December 17, 2004 is to date the most memorable and important day of my life. It’s the day I married my best friend, the love of my life, my Sydney. We fell in love quick, meeting on Derby day in May of that year. We were engaged in July and married that December. She loves to recall that I gave her two options when she asked what I was thinking about a wedding date, Christmas Break or Spring Break (she’s a teacher). She said something along the lines of “well I don’t want to wait let’s get married Christmas Break”.
So on a chilly Friday night in December at Duncan Memorial Chapel in Crestwood, KY we said our “I do’s” in front of only family and a handful of very close friends. Her face as she walked down the aisle is forever burned into my memory.  Our lives together just seem to get better and better every year. The madness lost this one, instead we get a happy day and that makes all the times the madness took a day as it’s victim seem less sad.
As I write this today, December 14th, my little sister has just given birth to her second son. She and her husband are celebrating the birth of little Micah, 6 lbs, 10oz, 19” long. A healthy little boy, with two very happy parents and one probably anxious big brother, sitting here writing this I can’t wait to meet Micah for the first time.
It is worth mentioning too that while it was not mid December, it was on December, the 5th of 1996 that my niece Kaelin was born. Kaelin was the first grandchild for my parents and thus my first niece. Her father (my brother Dan) and I were always really close as I grew up even though he is nine years my senior. I spent a lot of weekends at Dan and Sherry’s house playing with little Kaelin, feeding her curly fries from Arby’s as a toddler, though most of the time she licked the ketchup off and handed me back a soggy and cold fry. Kaelin’s birth and the time I spent with her when she was little are some of the brightest memories I have of my teenage years.

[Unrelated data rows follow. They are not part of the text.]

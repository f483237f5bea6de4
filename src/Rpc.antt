-- ===== src/Rpc.antt =====
-- gRPC calls of the driver: a handler passes the state on and returns a response or a status code,
-- or it panics.
-- The text of a status message is not modelled.
use google_cloud_platform_nf.Prelude.{Bool, true, false, List, Option}
use google_cloud_platform_nf.Text.{Bytes}
use google_cloud_platform_nf.Maps.{Map}

-- The codes of google.golang.org/grpc/codes that the driver returns; an error without a code is
-- `Unknown`.
pub data Code : Type 0 where
  invalid_argument not_found already_exists permission_denied aborted unimplemented : Code
  internal unavailable unknown : Code

pub data Outcome {ℓ} (A : Type ℓ) : Type ℓ where
  done : A → Outcome A
  failed : Code → Outcome A
  panicked : Outcome A

abbrev pub M : Type 0 → Type 0 → Type 0
M S A = S → S × Outcome A

abbrev pub continue : {S A B : Type 0} → S × Outcome A → (A → M S B) → S × Outcome B
continue (s, done a) f = f a s
continue (s, failed c) f = (s, failed c)
continue (s, panicked) f = (s, panicked)

infixl 5 ◌>>=◌ ◌>>◌
abbrev pub ◌>>=◌ : {S A B : Type 0} → M S A → (A → M S B) → M S B
◌>>=◌ m f s = continue (m s) f

abbrev pub ◌>>◌ : {S B : Type 0} → M S (Unit {0}) → M S B → M S B
◌>>◌ m k s = continue (m s) (λ _. k)

abbrev pub pure : {S A : Type 0} → A → M S A
pure a s = (s, done a)

abbrev pub fail : {S A : Type 0} → Code → M S A
fail c s = (s, failed c)

-- `if !b { return nil, status.Error(code, …) }`.
abbrev pub require : {S : Type 0} → Bool → Code → M S (Unit {0})
require true c s = (s, done tt)
require false c s = (s, failed c)

-- The error of a call under another code: `status.Errorf(code, …)`.
abbrev pub recoded : {S A : Type 0} → Code → S × Outcome A → S × Outcome A
recoded c (s, done a) = (s, done a)
recoded c (s, failed e) = (s, failed c)
recoded c (s, panicked) = (s, panicked)

abbrev pub under : {S A : Type 0} → Code → M S A → M S A
under c m s = recoded c (m s)

-- `defer`: the clean-up runs on every return, and what it returns is only logged.
abbrev pub after_return : {S A B : Type 0} → M S B → S × Outcome A → S × Outcome A
after_return cleanup (s, r) = ((cleanup s).0, r)

abbrev pub deferring : {S A B : Type 0} → M S B → M S A → M S A
deferring cleanup body s = after_return cleanup (body s)

-- csi.VolumeCapability: the access type is a block device, a mount with its flags, or not set.
pub data VolumeCapability : Type 0 where
  block : VolumeCapability
  mounted_with : List Bytes → VolumeCapability
  no_access_type : VolumeCapability

-- `c.GetBlock() != nil`.
abbrev pub is_block : VolumeCapability → Bool
is_block block = true
is_block other = false

-- `GetMount().GetMountFlags()`.
abbrev pub mount_flags : VolumeCapability → List Bytes
mount_flags (mounted_with flags) = flags
mount_flags other = List.[]

pub record NodePublishVolumeRequest : Type 0 where
  pub volume_id : Bytes
  pub target_path : Bytes
  pub volume_capability : Option VolumeCapability
  pub volume_context : Map Bytes
  pub publish_context : Map Bytes
  pub readonly : Bool

pub record NodeUnpublishVolumeRequest : Type 0 where
  pub volume_id : Bytes
  pub target_path : Bytes
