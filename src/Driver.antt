-- ===== src/Driver.antt =====
-- pkg/nfs/nfs.go: the driver and how it is made of its options, and the capabilities of
-- pkg/nfs/utils.go. The pointers to the servers, the lock table and the cache are kept elsewhere.
use google_cloud_platform_nf.Prelude.{ℕ, List, [], ◌∷◌, Bool, map}
use google_cloud_platform_nf.Text.{Bytes}
use google_cloud_platform_nf.Text.Numerals.{ℤ, pos, negsuc}

pub data ControllerCapability : Type 0 where
  create_delete_volume publish_unpublish_volume publish_readonly : ControllerCapability
  controller_single_node_multi_writer clone_volume create_delete_snapshot : ControllerCapability

pub data NodeCapability : Type 0 where
  get_volume_stats node_single_node_multi_writer unknown : NodeCapability

-- `csi.ControllerServiceCapability` and `csi.NodeServiceCapability`, of the kind `Rpc`.
pub data ControllerServiceCapability : Type 0 where
  controller_rpc : ControllerCapability → ControllerServiceCapability

pub data NodeServiceCapability : Type 0 where
  node_rpc : NodeCapability → NodeServiceCapability

unfoldable new_controller_service_capability : ControllerCapability → ControllerServiceCapability
new_controller_service_capability cap = controller_rpc cap

unfoldable new_node_service_capability : NodeCapability → NodeServiceCapability
new_node_service_capability cap = node_rpc cap

pub record DriverOptions : Type 0 where
  pub node_id : Bytes
  pub driver_name : Bytes
  pub endpoint : Bytes
  pub mount_permissions : ℕ
  pub working_mount_dir : Bytes
  pub default_on_delete_policy : Bytes
  pub vol_stats_cache_expire_in_minutes : ℤ
  pub ip_list : List Bytes
  pub run_controller_server : Bool
  pub run_node_server : Bool

pub record Driver : Type 0 where
  pub name : Bytes
  pub node_id : Bytes
  pub version : Bytes
  pub endpoint : Bytes
  pub mount_permissions : ℕ
  pub working_mount_dir : Bytes
  pub default_on_delete_policy : Bytes
  pub cscap : List ControllerServiceCapability
  pub nscap : List NodeServiceCapability
  pub vol_stats_cache_expire_in_minutes : ℤ
  pub ip_list : List Bytes
  pub run_controller_server : Bool
  pub run_node_server : Bool

-- Each of the two replaces the list.
unfoldable add_controller_service_capabilities : Driver → List ControllerCapability → Driver
unfolding new_controller_service_capability
add_controller_service_capabilities d cl = record d {
  cscap = map new_controller_service_capability cl;
}

unfoldable add_node_service_capabilities : Driver → List NodeCapability → Driver
unfolding new_node_service_capability
add_node_service_capabilities d nl = record d { nscap = map new_node_service_capability nl }

-- The fields that the literal of `NewDriver` gives; the others are zero.
unfoldable driver_literal : Bytes → DriverOptions → Driver
driver_literal driver_version options = record {
  name = options.driver_name;
  node_id = options.node_id;
  version = driver_version;
  endpoint = options.endpoint;
  mount_permissions = options.mount_permissions;
  working_mount_dir = options.working_mount_dir;
  default_on_delete_policy = [];
  cscap = [];
  nscap = [];
  vol_stats_cache_expire_in_minutes = options.vol_stats_cache_expire_in_minutes;
  ip_list = options.ip_list;
  run_controller_server = options.run_controller_server;
  run_node_server = options.run_node_server;
}

-- The version is set when the program is built. The expiry of the cache, with its default of ten
-- minutes, goes to the cache alone.
unfoldable pub new_driver : Bytes → DriverOptions → Driver
unfolding driver_literal add_controller_service_capabilities add_node_service_capabilities
new_driver driver_version options =
    add_node_service_capabilities
      (add_controller_service_capabilities (driver_literal driver_version options) (
        create_delete_volume ∷ publish_unpublish_volume ∷ publish_readonly
        ∷ controller_single_node_multi_writer ∷ clone_volume ∷ create_delete_snapshot ∷ []))
      (get_volume_stats ∷ node_single_node_multi_writer ∷ unknown ∷ [])

unfoldable cache_expiry : ℤ → ℤ
cache_expiry (pos ℕ.zero) = pos 10
cache_expiry (pos (ℕ.suc n)) = pos (ℕ.suc n)
cache_expiry (negsuc n) = pos 10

I should also say that I don’t believe some cosmic phenomenon, or supernatural force is at work or just chooses to pray upon my life at this time of year.  It’s only been in recent years that I’ve noticed the correlation between these events and the calendar. I just find it interesting and something worth writing about. I’m not out for sympathy or shock value, there are certainly those who have endured far worse around the holidays than I have. That said I just want to stress that this blog is more about the unusual relationship between the dates of these major occurrences in my life, rather than a “woe is me”.
Whatever the mid December madness brings, it would seem that it’s quickly piling up the happy over the sad these days and that my friends is the reason why I don’t mind all the memories good and bad of this time of year. The secret is to remember the lessons of the hard and sad times but to focus more intently on the joy of the happy ones.

1 comment:

  1. Mine is not so much a time of year, yet more of a specific date. The 9th. Good and bad things, many of them, are both associated with this date in various months.